What the task requires: Check every line below, and copy those that include "antt".

[[ Dataset excerpts, beginning ]]

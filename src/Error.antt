-- ===== src/Error.antt =====
-- src/error.rs: the errors of the HTTP interface, and `Display` for `PoolError` of src/pool.rs.
-- `Json` in a reply is serde_json's: a reply is the status code and the value that is serialised.
pub mod Codes
use croutond.Base.{ℕ, String, Option, none, some}
use croutond.Base.Text.{◌+++◌}
use croutond.Base.Text.Decimal.{decimal}
use croutond.Json.{Json, Fields, end, entry}
use croutond.Types.{
  PoolError, SlotState, slot_not_found, vm_already_running, no_available_slot, invalid_transition,
  channel_closed, debug_state,
}

pub data ApiError : Type 0 where
  validation : Option String → String → ApiError
  not_found conflict pool_exhausted backend : String → ApiError

transition_text : ℕ → SlotState → String → String
transition_text slot from action =
    "slot "
    +++ decimal slot
    +++ " cannot perform "
    +++ action
    +++ " from state "
    +++ debug_state from

-- `impl fmt::Display for PoolError`
unfoldable pub display : PoolError → String
unfolding transition_text
display (invalid_transition slot from action) = transition_text slot from action
display (slot_not_found slot) = "slot " +++ decimal slot +++ " does not exist"
display (vm_already_running name) = "VM '" +++ name +++ "' is already running"
display no_available_slot = "pool is exhausted"
display channel_closed = "slot worker channel is closed"
display (PoolError.backend error) = "backend request failed: " +++ error

-- `impl From<PoolError> for ApiError`
unfoldable pub from_pool_error : PoolError → ApiError
unfolding transition_text
from_pool_error (slot_not_found slot) = not_found ("slot " +++ decimal slot +++ " does not exist")
from_pool_error (vm_already_running name) = conflict ("VM '" +++ name +++ "' is already running")
from_pool_error no_available_slot = pool_exhausted "pool exhausted"
from_pool_error (invalid_transition slot from action) = conflict (transition_text slot from action)
from_pool_error channel_closed = backend "slot worker channel is closed"
from_pool_error (PoolError.backend error) = backend error

pub record ErrorResponse : Type 0 where
  pub error : String
  pub field : Option String

abbrev respond : ℕ → Option String → String → ℕ × ErrorResponse
respond status field error = (status, record { error = error; field = field })

-- `impl IntoResponse for ApiError`
unfoldable pub into_response : ApiError → ℕ × ErrorResponse
into_response (validation field error) = respond 400 field error
into_response (not_found error) = respond 404 none error
into_response (conflict error) = respond 409 none error
into_response (pool_exhausted error) = respond 503 none error
into_response (backend error) = respond 500 none error

-- The body that `Json(ErrorResponse { .. })` serialises: a missing field is left out.
unfoldable pub error_body : ErrorResponse → Json
error_body r = Json.obj (entry "error" (Json.str r.error) (field_of r.field))
  where
    field_of : Option String → Fields
    field_of none = end
    field_of (some name) = entry "field" (Json.str name) end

[[ Dataset excerpts, end ]]

Task output:
filename src/Error.antt
-- ===== src/Error.antt =====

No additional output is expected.